# 3D Monitor - Auch ohne 3D-Brille gut ?



## ice2009 (18. Juni 2010)

Hi Leute,
 Ich möchte mir bald vielleicht einen neuen Monitor zulegen. Kann man die 120 Hertz eigentlich auch ohne 3D-Brille nutzen?
Wie gut ist eigentlich der "Alienware OptX AW2310"? Ist der Inputlag wirklich so gering? Ist Gaming damit uneingeschränkt möglich? Gibt es einen Test zum "Alienware OptX AW2310"?


----------



## x2K (25. Juni 2010)

120 Hz bedeutet nur das du 120 bilder pro sekunde  vom monitor angezeigt bekommst 
was voraussetzung für  3d ist um ein brauchbares bild zu erhalten  
 man kann aber auch so damit arbeiten. der normale user bemerkt kaum einen unterschied  aber wer eine empfindlche sensorik hat  merkt es schon .  tipp von mir  lase ein video oder eine grafik laufen 
und guck am monitor vorbei  aber so das du im augenwinkel das bild noch erkenen kannst. wenn es dann flimmert  weißt du bescheit. (vergleich das mit einem alten röhrenfernseher)


----------



## ice2009 (26. Juni 2010)

Danke für die Antwort. Ich hoffe nur das dieser Shutter-Effekt nicht mehr vorhanden ist wenn ich ohne Brille bei 120 Hertz spielen möchte. Weil in einigen Videos die 120-Hertz-Monitore abfilmen sieht man schon deutlich diesen Effekt. Oder täusche ich mich? Ich hoffe nicht, dass der Monitor im 2D-Betrieb auf 75 Hertz runterschaltet.


----------



## x2K (28. Juni 2010)

der shutter effekt kommt daher das die grafikkarte abwechselnd bilder aus 2 perspektiven darstellt und die dann an den monitor sendet 
die brille wird über einen sender syncronisiert und lässt immer nur das richtige bild an das passende auge.  Beim auge kommen also nur 60 Hz an 
lässt du die brille weg erscheinen diese doppelbilder.
der 3d vision treiber lässt sich aber an und ab schalten  bzw. schaltet sich auch nur in einer geeignete anwendung dazu. 

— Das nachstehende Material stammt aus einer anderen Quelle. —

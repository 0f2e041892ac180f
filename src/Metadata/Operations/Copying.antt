-- ===== src/Metadata/Operations/Copying.antt =====
-- Copies and moves that leave an object and its chunks as GetObject shows them.
use tg_files.Common.{
  Text, Bool, true, false, not, ◌&&◌, List, [], ◌∷◌, ◌++◌, ◌≡◌, refl, sym, subst, arith, text_eq,
  text_eq_iff, Result, ok, err, Option, none, some, map, append-nil, Bool-cases, inl, inr,
  ok_injective,
}
use tg_files.Golang.Strings.{has_prefix, lower_byte}
use tg_files.Metadata.Types.{Object, ObjectRow, Chunk, Db, Time}
use tg_files.Metadata.Sql.{DbError, constraint, exec}
use tg_files.Metadata.Sql.Preserves.{
  Preserves, Preserves-exec, Preserves-bind, Preserves-pure, preserve_rules,
}
use tg_files.Metadata.Table.{has_key, insert, find-upsert}
use tg_files.Metadata.Statements.{
  same_object, object_key, object_test, of_object, delete_chunks, upsert_object, insert_chunk,
  chunk_key, same_chunk,
}
use tg_files.Metadata.Objects.{
  put_object_in_tx, insert_chunks, row_of_object, copied_object, copy_chunks_for_key, copy_in_tx,
  copy_object, move_object, get_object_in_tx, object_exists_in_tx, scan_object, delete_object_in_tx,
}
use tg_files.Metadata.Objects.RoundTrip.{select-append}
use tg_files.Metadata.Prefixes.{
  copy_each, copy_prefix_in_tx, copy_prefix, move_prefix, moved_key, delete_prefix_in_tx,
}
use tg_files.Metadata.Prefixes.Deletes.{is_below}
use tg_files.Metadata.Operations.Shown.{Shows, Shows-chunks}

scan_object-Preserves : (P : Db → Type 0) (row : Option ObjectRow) → Preserves P (scan_object row)
unfolding scan_object
scan_object-Preserves P none = search preserve_rules
scan_object-Preserves P (some row) = search preserve_rules

-- What the writes of the copies keep, the methods keep.
module _ (P : Db → Type 0) (bucket src dst : Text) (overwrite : Bool) (now : Time) where
  -- `P` is kept by a write of the copy under the key.
  abbrev pub KeepsCopies : Text → Type 0
  KeepsCopies key =
      (o : Object) (chunks : List Chunk)
      → Preserves P (
          put_object_in_tx (copied_object o bucket key now) (copy_chunks_for_key chunks bucket key))

  copy_in_tx-Preserves : KeepsCopies dst → Preserves P (copy_in_tx bucket src dst overwrite now)
  unfolding copy_in_tx get_object_in_tx object_exists_in_tx
  copy_in_tx-Preserves h = search (preserve_rules, scan_object-Preserves, h) depth 9

  pub copy_object-Preserves :
      KeepsCopies dst → Preserves P (copy_object bucket src dst overwrite now)
  unfolding copy_object
  copy_object-Preserves h = search (preserve_rules, copy_in_tx-Preserves, h)

  pub move_object-Preserves :
      KeepsCopies dst
      → Preserves P (delete_object_in_tx bucket src)
      → Preserves P (move_object bucket src dst overwrite now)
  unfolding move_object
  move_object-Preserves h gone = search (preserve_rules, copy_in_tx-Preserves, h)

  -- Here `src` and `dst` are prefixes.
  copy_each-Preserves :
      ((rest : Text) → KeepsCopies (dst ++ rest))
      → (created : Bool) (objects : List Object)
      → Preserves P (copy_each bucket src dst overwrite now created objects)
  unfolding copy_each moved_key object_exists_in_tx
  copy_each-Preserves h created [] = search preserve_rules
  copy_each-Preserves h created (o ∷ objects) =
      let rest : (c : Bool) → Preserves P (copy_each bucket src dst overwrite now c objects) =
        λ c. copy_each-Preserves h c objects in
      search (preserve_rules, h, rest) depth 9

  copy_prefix_in_tx-Preserves :
      ((rest : Text) → KeepsCopies (dst ++ rest))
      → Preserves P (copy_prefix_in_tx bucket src dst overwrite now)
  unfolding copy_prefix_in_tx
  copy_prefix_in_tx-Preserves h = search (preserve_rules, copy_each-Preserves, h)

  pub copy_prefix-Preserves :
      ((rest : Text) → KeepsCopies (dst ++ rest))
      → Preserves P (copy_prefix bucket src dst overwrite now)
  unfolding copy_prefix
  copy_prefix-Preserves h = search (preserve_rules, copy_prefix_in_tx-Preserves, h)

  pub move_prefix-Preserves :
      ((rest : Text) → KeepsCopies (dst ++ rest))
      → Preserves P (delete_prefix_in_tx bucket src)
      → Preserves P (move_prefix bucket src dst overwrite now)
  unfolding move_prefix
  move_prefix-Preserves h gone = search (preserve_rules, copy_prefix_in_tx-Preserves, h)

has_prefix-empty : (s : Text) → has_prefix s [] ≡ true
unfolding has_prefix
has_prefix-empty [] = refl
has_prefix-empty (c ∷ s) = refl

pub is_below-append : (prefix rest : Text) → is_below prefix (prefix ++ rest) ≡ true
unfolding has_prefix
is_below-append [] rest = has_prefix-empty (map lower_byte rest)
is_below-append (c ∷ prefix) rest = ground (arith, is_below-append prefix rest)

insert_chunk_ok :
    (chunk : Chunk) (db db' : Db)
    → insert_chunk chunk db ≡ ok db'
    → record db { object_chunks = db.object_chunks ++ chunk ∷ [] } ≡ db'
unfolding insert_chunk insert
insert_chunk_ok chunk db db' e =
    elim (Bool-cases (has_key chunk_key same_chunk (chunk_key chunk) db.object_chunks)) [
      | inl taken ↦
          let clash : ◌≡◌ {A = Result DbError Db} (err constraint) (ok db') =
            rw (taken, insert_chunk, insert) at e in
          cc
      | inr fresh ↦ ok_injective (rw (fresh, insert_chunk, insert) at e)
    ]

module _ (b k : Text) (v : Result DbError (Object × List Chunk)) where
  -- A chunk of another object.
  insert_chunk-Shows :
      (chunk : Chunk)
      → of_object b k chunk ≡ false
      → Preserves (Shows b k v) (exec (insert_chunk chunk))
  insert_chunk-Shows chunk other = Preserves-exec _ (λ db db' e start.
      subst (Shows b k v) (insert_chunk_ok chunk db db' e)
        (rw (select-append (of_object b k) db.object_chunks (chunk ∷ []), other, append-nil) start))

  upsert_object-Shows :
      (row : ObjectRow)
      → same_object (row.bucket, row.key) (b, k) ≡ false
      → Preserves (Shows b k v) (exec (upsert_object row))
  unfolding upsert_object
  upsert_object-Shows row other = Preserves-exec _ (λ db db' e start.
      subst (Shows b k v) (ok_injective e)
        (rw (find-upsert object_key same_object object_test row (b, k) db.objects, other) start))

  module _ (bucket key : Text) (other : text_eq b bucket && text_eq k key ≡ false) where
    other_way : text_eq bucket b && text_eq key k ≡ false
    other_way =
        ground
          (arith, text_eq_iff b bucket, text_eq_iff bucket b, text_eq_iff k key, text_eq_iff key k)

    insert_chunks-Shows :
        (chunks : List Chunk)
        → Preserves (Shows b k v) (insert_chunks (copy_chunks_for_key chunks bucket key))
    unfolding insert_chunks copy_chunks_for_key of_object
    insert_chunks-Shows [] = Preserves-pure tt
    insert_chunks-Shows (c ∷ chunks) =
        Preserves-bind _ _ (insert_chunk-Shows (record c { bucket = bucket; key = key }) other_way)
          (λ _. insert_chunks-Shows chunks)

    -- The copy that is written under another key.
    pub put_copy-Shows :
        (o : Object) (chunks : List Chunk) (now : Time)
        → Preserves (Shows b k v) (
            put_object_in_tx
              (copied_object o bucket key now)
              (copy_chunks_for_key chunks bucket key))
    unfolding put_object_in_tx copied_object row_of_object delete_chunks of_object same_object
    put_copy-Shows o chunks now =
        let kept : not (text_eq b bucket && text_eq k key) ≡ true = ground arith in
        let row = row_of_object (copied_object o bucket key now) in
        Preserves-bind _ _
          (Shows-chunks b k v (λ c l. not (text_eq c bucket && text_eq l key)) kept)
          (λ _.
            Preserves-bind _ _ (upsert_object-Shows row other_way)
              (λ _. insert_chunks-Shows chunks))

  -- A copy under a key below a prefix that `k` is not below.
  pub put_below-Shows :
      (bucket prefix : Text)
      → text_eq b bucket && is_below prefix k ≡ false
      → (rest : Text) (o : Object) (chunks : List Chunk) (now : Time)
      → Preserves (Shows b k v) (
          put_object_in_tx
            (copied_object o bucket (prefix ++ rest) now)
            (copy_chunks_for_key chunks bucket (prefix ++ rest)))
  put_below-Shows bucket prefix other rest =
      let apart : text_eq b bucket && text_eq k (prefix ++ rest) ≡ false =
        elim (Bool-cases (text_eq k (prefix ++ rest))) [
          | inl same ↦
              let below : is_below prefix k ≡ true =
                subst (λ l. is_below prefix l ≡ true)
                  (sym ((text_eq_iff k (prefix ++ rest)).0 same)) (is_below-append prefix rest) in
              ground arith
          | inr differs ↦ ground arith
        ] in
      put_copy-Shows bucket (prefix ++ rest) apart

wenn du lust hast kannst du den treiber aber auch auf anaglyphen brille umstellen ( rot/blau bilder)  dann geht das auch mit einem 60Hz monitor.
sieht zwar nicht so toll aus wegen dem farbstich aber es ist eindrucksvoll 
ich habs getestet um zu sehen ob die spiele die ich habe dammit laufen 
CSS ist super unterstützt Blur geht auch  APB wird unterstützt der 3d effekt ist aber nur dezent.  Bilder und Videos sind wieder super.

Ich warte aber erstmal ab bis monitore und brille etwas billiger werden


----------



## knuffbiber (28. Juni 2010)

Alienware OptX AW2310 : New 3D HD Monitors: Acer Vs. Alienware

Hier mal ein Vergleichstest zwischen dem o.g. und dem Acer GD235HZ.
Der Alienware wird hier größtenteils als deutlich besser bewertet!

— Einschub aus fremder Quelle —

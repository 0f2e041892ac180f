-- ===== src/Dav/Steps/Keeping.antt =====
-- Invariants of the tables under WebDAV code, one rule for each way to build it.
use tg_files.Common.{Bool, true, false, sym, subst, ◌≡◌, refl, Result, ok, err, if◌then◌else◌}
use tg_files.Metadata.Types.{Db}
use tg_files.Metadata.Sql.{Session, Sql, DbError}
use tg_files.Metadata.Sql.Preserves.{Preserves}
use tg_files.Dav.Steps.{Steps, raise, continue, telling, ◌>>=◌, pure}
use tg_files.Dav.Steps.Atomic.{IsSteady}

-- `m` keeps `P` of the tables, whether it returns or fails.
pub record Keeps {E A : Type 0} (P : Db → Type 0) (m : Steps E A) : Type 0 where
  pub after : (s : Session) → P s.db → P (m s).1.db

module _ {P : Db → Type 0} {E A : Type 0} where
  pub Keeps-steady : (m : Steps E A) → IsSteady m → Keeps P m
  Keeps-steady m h = record { after = λ s start. subst P (sym (h.at s)) start }

  pub Keeps-pure : (a : A) → Keeps P (pure {E = E} a)
  unfolding pure
  Keeps-pure a = record { after = λ s start. start }

  pub Keeps-raise : (e : E) → Keeps P (raise {A = A} e)
  unfolding raise
  Keeps-raise e = record { after = λ s start. start }

  pub Keeps-if : (b : Bool) (m n : Steps E A) → Keeps P m → Keeps P n → Keeps P (if b then m else n)
  Keeps-if true m n hm hn = hm
  Keeps-if false m n hm hn = hn

  -- Where it matters which way the test went.
  pub Keeps-cases :
      (b : Bool) (m n : Steps E A)
      → (b ≡ true → Keeps P m)
      → (b ≡ false → Keeps P n)
      → Keeps P (if b then m else n)
  Keeps-cases true m n hm hn = hm refl
  Keeps-cases false m n hm hn = hn refl

  continue-Keeps :
      {B : Type 0} (f : B → Steps E A) (r : Result E B) (s : Session)
      → ((b : B) → Keeps P (f b))
      → P s.db
      → P (continue r f s).1.db
  continue-Keeps f (ok b) s h start = (h b).after s start
  continue-Keeps f (err e) s h start = start

  pub Keeps-bind :
      {B : Type 0} (m : Steps E B) (f : B → Steps E A)
      → IsSteady m
      → ((b : B) → Keeps P (f b))
      → Keeps P (m >>= f)
  unfolding ◌>>=◌
  Keeps-bind m f hm hf = record {
    after = λ s start. continue-Keeps f (m s).0 (m s).1 hf (subst P (sym (hm.at s)) start);
  }

  pub Keeps-then :
      {B : Type 0} (m : Steps E B) (f : B → Steps E A)
      → Keeps P m
      → ((b : B) → Keeps P (f b))
      → Keeps P (m >>= f)
  unfolding ◌>>=◌
  Keeps-then m f hm hf = record {
    after = λ s start. continue-Keeps f (m s).0 (m s).1 hf (hm.after s start);
  }

  pub Keeps-telling : {F : Type 0} (f : E → F) (m : Steps E A) → Keeps P m → Keeps P (telling f m)
  unfolding telling
  Keeps-telling f m hm = record { after = λ s start. hm.after s start }

-- A method of the metadata store.
pub Keeps-store :
    {P : Db → Type 0} {A : Type 0} (m : Sql A) → Preserves P m → Keeps {E = DbError} P m
Keeps-store m h = record { after = h.after }

pub ruleset keep_rules = (Keeps-pure, Keeps-raise, Keeps-if, Keeps-bind, Keeps-telling, Keeps-store)
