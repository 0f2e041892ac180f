-- ===== src/Dav/FileSystem/Removing.antt =====
-- RemoveAll leaves alone what its path does not cover.
use tg_files.Common.{
  ◌∷◌, map, ◌==◌, if◌then◌else◌, ◌∙◌, Text, Bool, false, ◌&&◌, ◌||◌, List, [], ◌≡◌, refl, sym,
  subst, arith, Result, ok, text_eq, [], ◌∷◌,
}
use tg_files.Metadata.Types.{Bucket, Db, Object, Chunk}
use tg_files.Golang.Strings.{ends_with_byte, has_prefix, lower_byte}
use tg_files.Metadata.Sql.{Session, DbError, calm}
use tg_files.Metadata.Sql.Preserves.{Preserves}
use tg_files.Metadata.Objects.{get_object, delete_object}
use tg_files.Metadata.Objects.RoundTrip.{view, get_object-eq-view}
use tg_files.Metadata.Prefixes.{delete_prefix}
use tg_files.Metadata.Prefixes.Deletes.{is_below}
use tg_files.Metadata.Buckets.{delete_bucket}
use tg_files.Metadata.Operations.Shown.{
  Shows, delete_object-Shows, delete_prefix-Shows, delete_bucket-Shows,
}
use tg_files.Dav.Paths.{ParsedPath, root, at, parse_path, canonical_collection_key}
use tg_files.Dav.Steps.{◌>>=◌}
use tg_files.Dav.Steps.Keeping.{Keeps, Keeps-bind, Keeps-cases, Keeps-raise, keep_rules}
use tg_files.Dav.FileSystem.{
  remove_collection, remove_object_or_collection, remove_all_at, remove_all, remove_bucket,
  remove_key, of_result, forbidden,
}
use tg_files.Dav.FileSystem.Atomic.{fs_rules, known_bucket-IsSteady}

-- The key of a collection: its name with one slash at the end, which the name may have already.
abbrev pub with_end_slash : Text → Text
with_end_slash [] = b'/' ∷ []
with_end_slash (c ∷ []) = if c == b'/' then c ∷ [] else c ∷ b'/' ∷ []
with_end_slash (c ∷ d ∷ s) = c ∷ with_end_slash (d ∷ s)

canonical_collection_key_lem :
    (key : Text) → text_eq key [] ≡ false → canonical_collection_key key ≡ with_end_slash key
unfolding canonical_collection_key ends_with_byte text_eq
canonical_collection_key_lem [] h = cc
canonical_collection_key_lem (c ∷ []) h = ground arith
canonical_collection_key_lem (c ∷ d ∷ s) h =
    ground (arith, canonical_collection_key_lem (d ∷ s) refl)

-- What a path stands for: the whole bucket where it names no key, and else the object of that key,
-- and the objects whose keys begin, up to the case of ASCII letters, with the key and a slash, or with
-- the key where it ends with a slash.
unfoldable pub covers : ParsedPath → Text → Text → Bool
covers root b k = false
covers (at bucket []) b k = text_eq b bucket
covers (at bucket (c ∷ key)) b k =
    text_eq b bucket
    && (text_eq k (c ∷ key)
        || has_prefix (map lower_byte k) (map lower_byte (with_end_slash (c ∷ key))))

-- The same by the code's own words.
pub covers_parts :
    (bucket key b k : Text)
    → covers (at bucket key) b k ≡ (
        text_eq b bucket
        && (text_eq key [] || text_eq k key || is_below (canonical_collection_key key) k))
unfolding covers text_eq
covers_parts bucket [] b k = ground arith
covers_parts bucket (c ∷ key) b k = rw (canonical_collection_key_lem (c ∷ key) refl) refl

-- What the deletes of the store keep, RemoveAll keeps.
module _ (P : Db → Type 0) (bucket key : Text) where
  remove_collection-Keeps :
      (prefix : Text)
      → Preserves P (delete_prefix bucket prefix)
      → Keeps P (remove_collection bucket prefix)
  unfolding remove_collection
  remove_collection-Keeps prefix h = search (keep_rules, fs_rules) depth 9

  remove_object_or_collection-Keeps :
      Preserves P (delete_object bucket key)
      → Preserves P (delete_prefix bucket (canonical_collection_key key))
      → Keeps P (remove_object_or_collection bucket key)
  unfolding remove_object_or_collection
  remove_object_or_collection-Keeps h hs =
      search (keep_rules, fs_rules, remove_collection-Keeps) depth 9

  remove_bucket-Keeps :
      (r : Bucket) → Preserves P (delete_bucket bucket) → Keeps P (remove_bucket bucket r)
  unfolding remove_bucket
  remove_bucket-Keeps r h = search keep_rules

  remove_key-Keeps :
      (r : Bucket)
      → Preserves P (delete_object bucket key)
      → Preserves P (delete_prefix bucket (canonical_collection_key key))
      → Keeps P (remove_key bucket key r)
  unfolding remove_key
  remove_key-Keeps r h hs =
      search (keep_rules, remove_collection-Keeps, remove_object_or_collection-Keeps)

module _ (b k : Text) (v : Result DbError (Object × List Chunk)) where
  remove_all_at-Shows :
      (parsed : ParsedPath) → covers parsed b k ≡ false → Keeps (Shows b k v) (remove_all_at parsed)
  unfolding remove_all_at
  remove_all_at-Shows root other = Keeps-raise forbidden
  remove_all_at-Shows (at bucket key) other =
      let apart : text_eq b bucket
            && (text_eq key [] || text_eq k key || is_below (canonical_collection_key key) k)
          ≡ false =
        sym (covers_parts bucket key b k) ∙ other in
      Keeps-bind _ _ (known_bucket-IsSteady bucket) (λ r.
        Keeps-cases (text_eq key []) (remove_bucket bucket r) (remove_key bucket key r)
          (λ whole.
            remove_bucket-Keeps (Shows b k v) bucket key r
              (delete_bucket-Shows b k v bucket (ground arith)))
          (λ part.
            remove_key-Keeps (Shows b k v) bucket key r
              (delete_object-Shows b k v bucket key (ground arith))
              (delete_prefix-Shows b k v bucket (canonical_collection_key key) (ground arith))))

-- RemoveAll, whether it returns or fails and whichever statements the engine refuses, changes nothing
-- of what GetObject shows of an object that its path does not cover: the path covers the objects of a
-- bucket it names without a key, and otherwise the object of its key, and the objects of that bucket
-- whose keys begin with the key and a slash, or with the key where it ends with a slash, up to the
-- case of ASCII letters.
pub remove_all-kept :
    (name : Text) (s : Session) (parsed : ParsedPath) (b k : Text)
    → parse_path name ≡ ok parsed
    → covers parsed b k ≡ false
    → (get_object b k (calm (remove_all name s).1.db)).0 ≡ (get_object b k (calm s.db)).0
unfolding remove_all of_result ◌>>=◌
remove_all-kept name s parsed b k read other =
    let kept : Shows b k (view b k s.db) (remove_all name s).1.db =
      subst (λ r. Shows b k (view b k s.db) ((of_result r >>= remove_all_at) s).1.db) (sym read)
        ((remove_all_at-Shows b k (view b k s.db) parsed other).after s refl) in
    rw (get_object-eq-view b k (remove_all name s).1.db, get_object-eq-view b k s.db) kept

> Our conclusion: if you want the best, go with the Alienware OptX AW2310 [...]


Vorsicht:
In der Ausführlichkeit und der Qualität ist der Test allerdings nicht mit z.b. einem prad.de Test zu vergleich. Teilweise sind die gemachten Aussagen rein subjektiver Natur. (siehe Seite 5 "Testing Method" erster Absatz)

gruß
knuff


----------



## Gast1111 (28. Juni 2010)

Hi in der "alten" Hardwareluxxx is auch ein Test drinnen ^^


----------



## x2K (28. Juni 2010)

Den monitor hab ich mir auch schon angesehen 
aber der iss viel zu teuer  499 plus versand  für den alienware/dell
und ca 345-379Ü plus versand für den acer, wobei der acer zwar günstiger ist aber für mich immernoch zu teuer. ich hoffe mal das der irgendwann für unter 300 ü zu haben ist

bis jetzt hab ich nur monitore von 
samsung acer lg alienware und asus gesehen  nur das der asus nirgendwo kaufbar ist.


----------



## ice2009 (28. Juni 2010)

Der Alienware ist auf der Dell-Seite für 424 Euro gelistet.
Ich möchte ja gar kein 3D nutzen, mir geht es allein um die 120 Hertz beim zocken. Ich hoffe, dass man diesen Doppelbildeffekt abschalten kann.
Danke für die Antworten.


----------



## x2K (28. Juni 2010)

den erzeugst du wie gesagt erst mit dem 3d vision treiber  
das hat nicht wirklich was mit den 120 Hz zu tun  von der idee her ginge 3d vision auch mit einem 60Hz  nur hast du dann nur 30 bilder pro auge was dann flimert.
der einzige vorteil der mit einfallen würde  wenn man einen 120 Hz monitor "normal" benutzt wäre je nach spiel und einstellungen eine höhere frame rate 
bei mir werkelt eine gef gtx 470  und ich erreiche mit meinem alten monitor nie mehr als 60fraps
mit oder ohne v sync iss dabei komischerweise egal  wenn ich umsteige dürfte die rate nach oben genen (hoffe ich  ^^)


----------



## 3D-Man (10. Februar 2011)

ice2009 schrieb:


> Danke für die Antwort. Ich hoffe nur das dieser Shutter-Effekt nicht mehr vorhanden ist wenn ich ohne Brille bei 120 Hertz spielen möchte. Weil in einigen Videos die 120-Hertz-Monitore abfilmen sieht man schon deutlich diesen Effekt. Oder täusche ich mich? Ich hoffe nicht, dass der Monitor im 2D-Betrieb auf 75 Hertz runterschaltet.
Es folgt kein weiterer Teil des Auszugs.